Dans une approche interactionnelle centré sur le dialogisme des échanges (et non sur une visée taxinomique des émotions), Anna SALAZAR ORVIG, Michèle GROSSEN et Claudia MESYTRE («De la douleur à la colère : mise en discours des émotions et travail thérapeutique », 79-92) montrent la façon dont les mouvements dialogiques de la dynamique thérapeutique permettent au patient de modifier son positionnement énonciatif vis-à-vis de l’émotion de la colère. En même temps, l’analyse linguistique donne au soignant des compétences d’observation fine par rapport aux effets de son intervention sur, et avec, la parole du patient.

À l’appui de l’analyse conversationnelle intégrée d’une approche multimodale, Anna Claudia TICCA (« Questions, (re)formulations et réparations dans des visites médicales au Yucatan (Mexique). Une intercompréhension fluctuante », 93-110) aborde la question de l’intercompréhension dans un environnement communicatif traversé par de nombreuses asymétries – épistémiques, certes, mais aussi langagières, entre des soignants hispanophones et des patients locuteurs d’une langue minoritaire, le maya yucatèque. En analysant les enregistrements audio-visuels de visites médicales, l’auteure met au jour l’incapacité du médecin de détecter, dans les incohérences verbales et gestuelles du patient, une contribution porteuse de sens.
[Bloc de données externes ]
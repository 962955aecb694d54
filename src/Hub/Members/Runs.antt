-- ===== src/Hub/Members/Runs.antt =====
-- Runs of the hub in which the ids that the registry hands out are not in use.
use hypeha.Base.{
  ℕ, ◌≡◌, refl, ◌∙◌, ap, sym, inl, inr, true, false, not, List, [], ◌∷◌, Option, some, ◌==◌, arith,
  Text, if_cases, ==_refl, retain, if_pos, Option-cases, subst,
}
use hypeha.Base.KeyMap.{get-put}
use hypeha.SubKey.{SubKey, SubKey-discrete, SubRequest}
use hypeha.Hub.{Client, AppState, find_entry, entry_of, put_entry, with_client, register_client}
use hypeha.Hub.Registry
use hypeha.Hub.Registry.{
  SubscribeOutcome, fresh, joined, duplicate, holds_key, detach, detach_all, is_attached,
  join_entry, broadcast_ctrl, add_key, leave_entry,
}
use hypeha.Hub.Reach.{
  Step, registers, subscribes, unsubscribes, pins, leaves, updates, delivers, loses, fails,
}
use hypeha.Hub.Members.{present, holds, Registered}
use hypeha.Hub.Members.Joining.{join_entry-on_entry}
use hypeha.Hub.Members.Leaving.{detach-heap}
use hypeha.Hub.Members.Calls.{
  Registered-heap, subscribe-Registered, unsubscribe-Registered, cleanup-Registered, pin-Registered,
}
use hypeha.Hub.Members.Frames.{
  on_update-Registered, deliver-Registered, fail-Registered, resync-Registered,
}

-- A new client's id holds no keys: the counter of ids has not come round to one in use.
abbrev pub IdIsFree :
    {Q : Type 0} {try_send : Q → Text → Option Q} {s t : AppState Q} → Step try_send s t → Type 0
IdIsFree (registers channel now ip st) =
    ◌≡◌ {A = List SubKey} (st.heap st.next_client_id).subscriptions []
IdIsFree (subscribes now id key st) = Unit {0}
IdIsFree (unsubscribes id key st) = Unit {0}
IdIsFree (pins now key st) = Unit {0}
IdIsFree (leaves id st) = Unit {0}
IdIsFree (updates src key seq now payload st) = Unit {0}
IdIsFree (delivers key id source height snapshot st) = Unit {0}
IdIsFree (loses source st) = Unit {0}
IdIsFree (fails key id st) = Unit {0}

pub data Run {Q : Type 0} (try_send : Q → Text → Option Q) (s : AppState Q)
    : AppState Q → Type 0 where
  start : Run try_send s s
  then_step :
      {t u : AppState Q}
      → Run try_send s t
      → (step : Step try_send t u) → IdIsFree step
      → Run try_send s u

abbrev Agrees : {Q : Type 0} → SubKey → AppState Q → Type 0
Agrees k st = Registered k (find_entry k st) st.heap

register-Agrees :
    {Q : Type 0} (k : SubKey) (channel : ℕ → Q) (now : ℕ) (ip : Text) (st : AppState Q)
    → (st.heap st.next_client_id).subscriptions ≡ []
    → Agrees k st
    → Agrees k (register_client channel now ip st).0
unfolding register_client holds_key
register-Agrees {Q} k channel now ip st free r =
    let next = st.next_client_id in
    let heap' = (register_client channel now ip st).0.heap in
    let none_held : holds k next st.heap ≡ false = ap (holds_key k) free in
    Registered-heap k (find_entry k st) st.heap heap'
      (λ i.
        if_cases (λ (c : Client Q). holds_key k c.subscriptions ≡ holds k i st.heap) (i == next)
          (λ same.
            let e : next ≡ i = ground arith in
            sym (subst (λ (j : ℕ). holds k j st.heap ≡ false) e none_held))
          (λ other. refl))
      (λ i h dead.
        if_cases (λ (c : Client Q). c.kill ≡ true) (i == next)
          (λ same.
            let e : next ≡ i = ground arith in
            cc (subst (λ (j : ℕ). holds k j st.heap ≡ false) e none_held, h))
          (λ other. dead))
      r

step-Agrees :
    {Q : Type 0} {try_send : Q → Text → Option Q} (k : SubKey) {t u : AppState Q}
    (step : Step try_send t u)
    → IdIsFree step
    → Agrees k t
    → Agrees k u
step-Agrees k (registers channel now ip st) free r = register-Agrees k channel now ip st free r
step-Agrees k (subscribes now id key st) free r = subscribe-Registered k now id key st r
step-Agrees k (unsubscribes id key st) free r = unsubscribe-Registered k id key st r
step-Agrees k (pins now key st) free r = pin-Registered k now key st r
step-Agrees k (leaves id st) free r = (cleanup-Registered k id st r).0
step-Agrees {try_send} k (updates src key seq now payload st) free r =
    on_update-Registered try_send k src key seq now payload st r
step-Agrees {try_send} k (delivers key id source height snapshot st) free r =
    deliver-Registered try_send k key id source height snapshot st r
step-Agrees {try_send} k (loses source st) free r = resync-Registered try_send k source st r
step-Agrees {try_send} k (fails key id st) free r = fail-Registered try_send k key id st r

-- Whatever operations have run since a state in which this held, where a client is only registered
-- under an id that holds no key: who is attached to a key's entry or parked there holds the key and
-- the key is subscribed upstream; who holds the key is there or has been told to hang up; and a key
-- that is subscribed upstream is pinned or held by somebody.
pub run-Registered :
    {Q : Type 0} {try_send : Q → Text → Option Q} (k : SubKey) {s t : AppState Q}
    → Registered k (find_entry k s) s.heap
    → Run try_send s t
    → Registered k (find_entry k t) t.heap
run-Registered k r start = r
run-Registered k r (then_step run step free) = step-Agrees k step free (run-Registered k r run)

detach_all-heap :
    {Q : Type 0} (id : ℕ) (keys : List SubKey) (st : AppState Q)
    → (detach_all id keys st).heap ≡ st.heap
unfolding detach_all
detach_all-heap id [] st = refl
detach_all-heap id (key ∷ keys) st =
    detach_all-heap id keys (detach id key st) ∙ detach-heap id key st

detach-clients :
    {Q : Type 0} (id : ℕ) (key : SubKey) (st : AppState Q) → (detach id key st).clients ≡ st.clients
unfolding detach broadcast_ctrl
detach-clients {Q} id key st = elim (Option-cases (find_entry key st)) [
  | inl missing ↦ rw (missing, detach) refl
  | inr (e, found) ↦
      rw (found, detach)
        (if_cases (λ (t : AppState Q). t.clients ≡ st.clients) (leave_entry id e).1 (λ last. refl)
          (λ others. refl))
]

detach_all-clients :
    {Q : Type 0} (id : ℕ) (keys : List SubKey) (st : AppState Q)
    → (detach_all id keys st).clients ≡ st.clients
unfolding detach_all
detach_all-clients id [] st = refl
detach_all-clients id (key ∷ keys) st =
    detach_all-clients id keys (detach id key st) ∙ detach-clients id key st

not_left : (id : ℕ) (ids : List ℕ) → is_attached id (retain (λ c. not (c == id)) ids) ≡ false
not_left id [] = refl
not_left id (i ∷ ids) = ground (arith, not_left id ids)

module _ {Q : Type 0} (now id : ℕ) (key : SubKey) (st : AppState Q) where
  subscribe-present :
      holds key id st.heap ≡ false
      → present id (find_entry key (Registry.subscribe now id key st).0) ≡ true
  unfolding Registry.subscribe broadcast_ctrl
  subscribe-present free =
      let entry = entry_of now key st in
      let e = join_entry key id entry in
      let joining : AppState Q = put_entry key e (with_client id (add_key key) st) in
      let told : AppState Q = broadcast_ctrl (SubRequest.subscribe key) joining in
      let P = λ (r : AppState Q × SubscribeOutcome). present id (find_entry key r.0) ≡ true in
      let after : present id (find_entry key joining) ≡ true =
        ap (present id) (
          get-put SubKey-discrete key key e st.subs
          ∙ if_pos (SubKey-discrete key key) refl (some e) (find_entry key st))
        ∙ join_entry-on_entry key id id entry
        ∙ ground arith in
      if_cases P (holds_key key (st.heap id).subscriptions) {x = (st, duplicate)}
        (λ held. cc (free, held))
        (λ joins.
          if_cases P entry.upstream_subscribed {x = (joining, joined)} {y = (told, fresh)}
            (λ old. after) (λ new. after))

  subscribe-clients : (Registry.subscribe now id key st).0.clients ≡ st.clients
  unfolding Registry.subscribe broadcast_ctrl
  subscribe-clients =
      let entry = entry_of now key st in
      let joining : AppState Q =
        put_entry key (join_entry key id entry) (with_client id (add_key key) st) in
      let told : AppState Q = broadcast_ctrl (SubRequest.subscribe key) joining in
      let P = λ (r : AppState Q × SubscribeOutcome). r.0.clients ≡ st.clients in
      if_cases P (holds_key key (st.heap id).subscriptions) {x = (st, duplicate)} (λ held. refl)
        (λ joins.
          if_cases P entry.upstream_subscribed {x = (joining, joined)} {y = (told, fresh)}
            (λ old. refl) (λ new. refl))

  cleanup-forgets :
      (holds key id (Registry.cleanup_client id st).heap ≡ false)
      × (is_attached id (Registry.cleanup_client id st).clients ≡ false)
  unfolding Registry.cleanup_client holds_key
  cleanup-forgets = (
    ap (λ (h : ℕ → Client Q). holds_key key (h id).subscriptions)
          (detach_all-heap id (st.heap id).subscriptions _)
        ∙ rw (==_refl id) refl,
    ap (is_attached id) (detach_all-clients id (st.heap id).subscriptions _)
        ∙ not_left id st.clients,
  )

-- A subscription of a client that is carried out after the client was cleaned up puts it on the
-- key's entry, while it is not among the clients.
pub late_subscribe_joins :
    {Q : Type 0} (now id : ℕ) (key : SubKey) (st : AppState Q)
    → let st' = (Registry.subscribe now id key (Registry.cleanup_client id st)).0 in
      (present id (find_entry key st') ≡ true) × (is_attached id st'.clients ≡ false)
late_subscribe_joins now id key st =
    let gone = Registry.cleanup_client id st in
    (
      subscribe-present now id key gone (cleanup-forgets now id key st).0,
      ap (is_attached id) (subscribe-clients now id key gone) ∙ (cleanup-forgets now id key st).1,
    )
D’où l’intérêt, comme le souligne Ticca, d’une formation pour les soignants axée sur les données et les méthodes de l’analyse linguistique.
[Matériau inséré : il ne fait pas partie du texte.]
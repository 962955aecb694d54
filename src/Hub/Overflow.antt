-- ===== src/Hub/Overflow.antt =====
-- Which clients a frame hangs up and which it is sent to: `on_update` of src/state.rs, with the
-- backlogs of the parked clients.
use hypeha.Base.{
  ℕ, ◌≡◌, refl, ◌∙◌, ap, ap₂, Bool, true, false, ◌&&◌, List, [], ◌∷◌, map, Option, Text, ltb, ◌==◌,
  if◌then◌else◌, arith, any, add_u64, length, retain, if_cases,
}
use hypeha.SubKey.{SubKey, is_incremental}
use hypeha.Entry.{
  SubEntry, Seq, Pending, Held, Verdict, arbitrate, hold, push_held, over_cap, pending_max_bytes,
  on_point, on_lead, on_sticky, on_snapshot, on_block,
}
use hypeha.Hub.{AppState, entry_of, hang_up}
use hypeha.Hub.Update.{on_update, update_entry, send_frame}
use hypeha.Hub.Delivery.{Distinct, among, on_update-heap}

-- The frames that are kept for the clients whose snapshot is on the way: those of a stream that a
-- snapshot opens.
abbrev pub is_kept : Seq → Bool
is_kept (Seq.block h) = true
is_kept (Seq.snapshot h) = true
is_kept (Seq.sticky h) = true
is_kept (Seq.point v) = false
is_kept (Seq.lead v) = false

-- Whether a backlog of the client is larger than the cap with one more payload.
abbrev pub outgrows : ℕ → Text → List Pending → Bool
outgrows id payload =
    any (λ p. p.client == id && ltb pending_max_bytes (add_u64 p.bytes (length payload)))

pending-arbitrate :
    (key : SubKey) (src : ℕ) (seq : Seq) (now : ℕ) (e : SubEntry)
    → (arbitrate key src seq now e).0.pending ≡ e.pending
unfolding arbitrate on_point on_lead on_sticky on_snapshot on_block
pending-arbitrate key src (Seq.point v) now e = ground arith
pending-arbitrate key src (Seq.lead v) now e = ground arith
pending-arbitrate key src (Seq.sticky v) now e = ground arith
pending-arbitrate key src (Seq.snapshot v) now e = ground arith
pending-arbitrate key src (Seq.block v) now e = ground arith

among-outgrown :
    (id : ℕ) (f : Held) (ps : List Pending)
    → among id (map (λ p. p.client) (retain over_cap (map (push_held f) ps)))
      ≡ outgrows id f.payload ps
among-outgrown id f [] = refl
among-outgrown id f (p ∷ ps) = ground (arith, among-outgrown id f ps)

among-hold :
    (src id : ℕ) (seq : Seq) (payload : Text) (e : SubEntry)
    → among id (hold src seq payload e).1 ≡ (is_kept seq && outgrows id payload e.pending)
unfolding hold
among-hold src id (Seq.block h) payload e =
    among-outgrown id (record { source = src; height = h; payload = payload }) e.pending
among-hold src id (Seq.snapshot h) payload e =
    among-outgrown id (record { source = src; height = h; payload = payload }) e.pending
among-hold src id (Seq.sticky h) payload e =
    among-outgrown id (record { source = src; height = h; payload = payload }) e.pending
among-hold src id (Seq.point v) payload e = refl
among-hold src id (Seq.lead v) payload e = refl

module _ (key : SubKey) (src : ℕ) (seq : Seq) (now : ℕ) (payload : Text) (e : SubEntry) where
  deliver-update_entry :
      (update_entry key src seq now payload e).1 ≡ (arbitrate key src seq now e).1
  unfolding update_entry
  deliver-update_entry =
      let (decided, verdict) = arbitrate key src seq now e in
      if_cases (λ (r : SubEntry × Verdict × List ℕ). r.1 ≡ verdict) verdict.deliver (λ _. refl)
        (λ _. refl)

  among-update_entry :
      (id : ℕ)
      → among id (update_entry key src seq now payload e).2 ≡ (
          (arbitrate key src seq now e).1.deliver && (is_kept seq && outgrows id payload e.pending))
  unfolding update_entry
  among-update_entry id = ground (
    arith,
    among-hold src id seq payload (arbitrate key src seq now e).0,
    pending-arbitrate key src seq now e,
  )

-- What a frame does to each client, where no client is attached twice. It is hung up for its
-- backlog exactly if the frame goes out, is arbitrated as `Sticky`, `Snapshot` or `Block`, and a
-- parked record of the client has, counted modulo 2 ^ 64, more bytes with it than the cap; and
-- after that it is sent the frame once, as its channel is sent, if the frame goes out and the
-- client is attached. Nothing else of it changes.
pub on_update-client :
    {Q : Type 0} (try_send : Q → Text → Option Q) (src : ℕ) (key : SubKey) (seq : Seq) (now : ℕ)
    (payload : Text) (st : AppState Q) (id : ℕ)
    → Distinct (entry_of now key st).subscribers
    → let entry = entry_of now key st in
      let goes = (arbitrate key src seq now entry).1.deliver in
      let before =
        if goes && (is_kept seq && outgrows id payload entry.pending)
        then hang_up (st.heap id)
        else st.heap id in
      (on_update try_send src key seq now payload st).heap id ≡ (
        if goes && among id entry.subscribers
        then send_frame try_send (is_incremental key) payload before
        else before)
on_update-client try_send src key seq now payload st id distinct =
    let entry = entry_of now key st in
    let sent = λ (goes over : Bool).
      let before = if over then hang_up (st.heap id) else st.heap id in
      if goes && among id entry.subscribers
      then send_frame try_send (is_incremental key) payload before
      else before in
    on_update-heap try_send src key seq now payload st id distinct
    ∙ ap₂ sent
        (ap (λ (v : Verdict). v.deliver) (deliver-update_entry key src seq now payload entry))
        (among-update_entry key src seq now payload entry id)
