-- ===== src/Hub/Overtaken.antt =====
-- A frame that comes between the two halves of `AppState::deliver_snapshot`, from src/state.rs: the
-- client is attached under the lock, and sent its snapshot after the lock is released.
use hypeha.Base.{
  ℕ, ◌≡◌, refl, ◌∙◌, ap, sym, subst, arith, Bool, true, List, [], ◌∷◌, ◌++◌, map, Option, some,
  if◌then◌else◌, if_pos, if_cases, ◌==◌, append_assoc, append-nil, Text,
}
use hypeha.Base.KeyMap.{get-put}
use hypeha.SubKey.{SubKey, SubKey-discrete, is_incremental}
use hypeha.Entry.{SubEntry, Pending, Seq}
use hypeha.Hub.{Client, AppState, find_entry, entry_of, put_entry, hang_up}
use hypeha.Hub.Update.{
  take_pending, backlog, attach_rebuilt, update_entry, send_or_hang_up, send_or_drop, send_frame,
  send_all, on_update,
}
use hypeha.Hub.Delivery.{Distinct, among, on_update-heap}
use hypeha.Hub.Members.Entries.{taken_client}
use hypeha.Hub.Flight.{Act, run_acts, decide, attach, on_update-halves, run-pieces}

-- A queue with room for every frame.
abbrev pub unbounded : List Text → Text → Option (List Text)
unbounded q msg = some (q ++ (msg ∷ []))

send_all-unbounded :
    (msgs : List Text) (c : Client (List Text))
    → (send_all unbounded msgs c).queue ≡ c.queue ++ msgs
unfolding send_all send_or_hang_up
send_all-unbounded [] c = sym (append-nil c.queue)
send_all-unbounded (msg ∷ msgs) c =
    send_all-unbounded msgs (record c { queue = c.queue ++ (msg ∷ []) })
    ∙ append_assoc c.queue (msg ∷ []) msgs

send_frame-unbounded :
    (inc : Bool) (msg : Text) (c : Client (List Text))
    → (send_frame unbounded inc msg c).queue ≡ c.queue ++ (msg ∷ [])
unfolding send_frame send_or_hang_up send_or_drop
send_frame-unbounded inc msg c = ground arith

among-last : (id : ℕ) (ids : List ℕ) → among id (ids ++ (id ∷ [])) ≡ true
among-last id [] = ground arith
among-last id (i ∷ ids) = ground (arith, among-last id ids)

-- A client that is attached to the key's entry, when a frame that goes out comes in.
live-queue :
    (src : ℕ) (key : SubKey) (seq : Seq) (now : ℕ) (payload : Text) (st : AppState (List Text))
    (id : ℕ) (e : SubEntry)
    → find_entry key st ≡ some e
    → Distinct e.subscribers
    → among id e.subscribers ≡ true
    → (update_entry key src seq now payload e).1.deliver ≡ true
    → ((on_update unbounded src key seq now payload st).heap id).queue
      ≡ (st.heap id).queue ++ (payload ∷ [])
live-queue src key seq now payload st id e found distinct attached goes =
    let same : entry_of now key st ≡ e = rw found refl in
    let verdict = (update_entry key src seq now payload (entry_of now key st)).1 in
    let gone = (update_entry key src seq now payload (entry_of now key st)).2 in
    let goes' : verdict.deliver ≡ true = rw same goes in
    let attached' : among id (entry_of now key st).subscribers ≡ true = rw same attached in
    let before = if among id gone then hang_up (st.heap id) else st.heap id in
    ap (λ (c : Client (List Text)). c.queue)
      (on_update-heap unbounded src key seq now payload st id
        (subst (λ (d : SubEntry). Distinct d.subscribers) (sym same) distinct))
    ∙ rw (goes', attached') (send_frame-unbounded (is_incremental key) payload before)
    ∙ if_cases
        (λ (c : Client (List Text)).
          c.queue ++ (payload ∷ []) ≡ (st.heap id).queue ++ (payload ∷ []))
        (among id gone) {x = hang_up (st.heap id)} {y = st.heap id} (λ _. refl) (λ _. refl)

attach_lem :
    (key : SubKey) (id source height : ℕ) (snapshot : Text) (st : AppState (List Text))
    (e : SubEntry) (p : Pending) (rest : List Pending)
    → find_entry key st ≡ some e
    → take_pending id e.pending ≡ some (p, rest)
    → attach key id source height snapshot st ≡ (
      put_entry key (attach_rebuilt key source p.client rest e) st,
      map (λ msg. Act.piece msg p.client) (backlog key source height snapshot p.held),
    )
unfolding attach
attach_lem key id source height snapshot st e p rest found taken =
    rw (found, attach) (rw taken refl)

behind-queue :
    (msgs : List Text) (id : ℕ) (st : AppState (List Text))
    → ((run_acts unbounded (map (λ msg. Act.piece msg id) msgs) st).heap id).queue
      ≡ (st.heap id).queue ++ msgs
behind-queue msgs id st =
    ap (λ (t : AppState (List Text)). (t.heap id).queue) (run-pieces unbounded msgs id st)
    ∙ if_cases (λ (c : Client (List Text)). c.queue ≡ (st.heap id).queue ++ msgs) (id == id)
        (λ _. send_all-unbounded msgs (st.heap id)) (λ other. ground arith)

attached-Distinct :
    (key : SubKey) (source id : ℕ) (rest : List Pending) (e : SubEntry)
    → Distinct (e.subscribers ++ (id ∷ []))
    → Distinct (attach_rebuilt key source id rest e).subscribers
unfolding attach_rebuilt
attached-Distinct key source id rest e distinct = distinct

attached_last :
    (key : SubKey) (source id : ℕ) (rest : List Pending) (e : SubEntry)
    → among id (attach_rebuilt key source id rest e).subscribers ≡ true
unfolding attach_rebuilt
attached_last key source id rest e = among-last id e.subscribers

-- On queues with room for every frame, where the parked client is nowhere else on the entry and no
-- client is attached twice: if its snapshot comes, and before the task that attached it has sent
-- anything a frame that goes out is decided and fanned out, the client is queued that frame first,
-- and behind it the snapshot and the backlog.
pub overtaken :
    (key : SubKey) (id src source height : ℕ) (seq : Seq) (now : ℕ) (payload snapshot : Text)
    (st : AppState (List Text)) (e : SubEntry) (p : Pending) (rest : List Pending)
    → find_entry key st ≡ some e
    → take_pending id e.pending ≡ some (p, rest)
    → Distinct (e.subscribers ++ (p.client ∷ []))
    → (update_entry key src seq now payload (attach_rebuilt key source p.client rest e)).1.deliver
      ≡ true
    → let (attached, behind) = attach key id source height snapshot st in
      let (decided, live) = decide src key seq now payload attached in
      ((run_acts unbounded behind (run_acts unbounded live decided)).heap id).queue
      ≡ (st.heap id).queue ++ (payload ∷ backlog key source height snapshot p.held)
overtaken key id src source height seq now payload snapshot st e p rest found taken distinct goes =
    let e' = attach_rebuilt key source p.client rest e in
    let st' = put_entry key e' st in
    let msgs = backlog key source height snapshot p.held in
    let (decided, live) = decide src key seq now payload st' in
    let here : find_entry key st' ≡ some e' =
      get-put SubKey-discrete key key e' st.subs ∙ if_pos (SubKey-discrete key key) refl _ _ in
    rw (attach_lem key id source height snapshot st e p rest found taken) (
      subst
        (λ (i : ℕ).
          ((run_acts unbounded (map (λ msg. Act.piece msg p.client) msgs)
              (run_acts unbounded live decided)).heap
            i).queue
          ≡ (st.heap i).queue ++ (payload ∷ msgs))
        (taken_client id e.pending p rest taken)
        (behind-queue msgs p.client (run_acts unbounded live decided)
          ∙ ap (λ (t : AppState (List Text)). (t.heap p.client).queue ++ msgs)
              (on_update-halves unbounded src key seq now payload st')
          ∙ ap (λ (q : List Text). q ++ msgs)
              (live-queue src key seq now payload st' p.client e' here
                (attached-Distinct key source p.client rest e distinct)
                (attached_last key source p.client rest e) goes)
          ∙ append_assoc (st.heap p.client).queue (payload ∷ []) msgs))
La question de l’intelligibilité du discours expert est également au centre de l’article de Sara VECCHIATO (« Approximation et explicitation : des paramètres pour la rédaction de textes vulgarisateurs. Application au domaine médical », 111-128). Dans le cadre théorique de la rédactologie, l’auteure analyse trois genres de la médiation du savoir expert, relevant de la divulgation (articles journalistiques, communiqués de presse), de la vulgarisation (dossiers et brochures visant le grand public) et de l’éducation (manuels universitaires). Une modélisation des opérations de reformulation est proposée, selon leur niveau d’intelligibilité et leur distribution sur un continuum de stratégies de simplification textuelle allant de l’approximation à l’explicitation. À l’aide d’un appareil notionnel riche, l’auteure insiste sur la complexité de l’acte simplificateur. Il s’agit de décrire et d’évaluer les outils communicationnels pour le rédacteur averti, capable d’articuler des stratégies diverses selon le genre textuel et les connaissances du lecteur cible. 

L’article de ABLALI et WIEDERSPIEL (« On l’intimiste. Ce que l’usage des pronoms veut dire de la santé des souffrant.es », 129-146) est consacré à la communication en ligne entre « souffrants » et bénévoles d’une association d’aide et de prévention contre le suicide. L’analyse porte sur le potentiel de libération de la parole souffrante grâce à l’utilisation plastique du pronom « on », caractérisé par une référence polymorphe. Les souffrants passent donc de l’utilisation d’un « on » exclusif, se référant à un sujet agresseur qui reste souvent anonyme, à un « on » inclusif, capable de créer une communauté pour le souffrant. L’analyse explore les imbrications des spécificités génériques et médiatiques des discours en ligne, notamment sous l’angle de la différente temporalité des deux genres étudiés.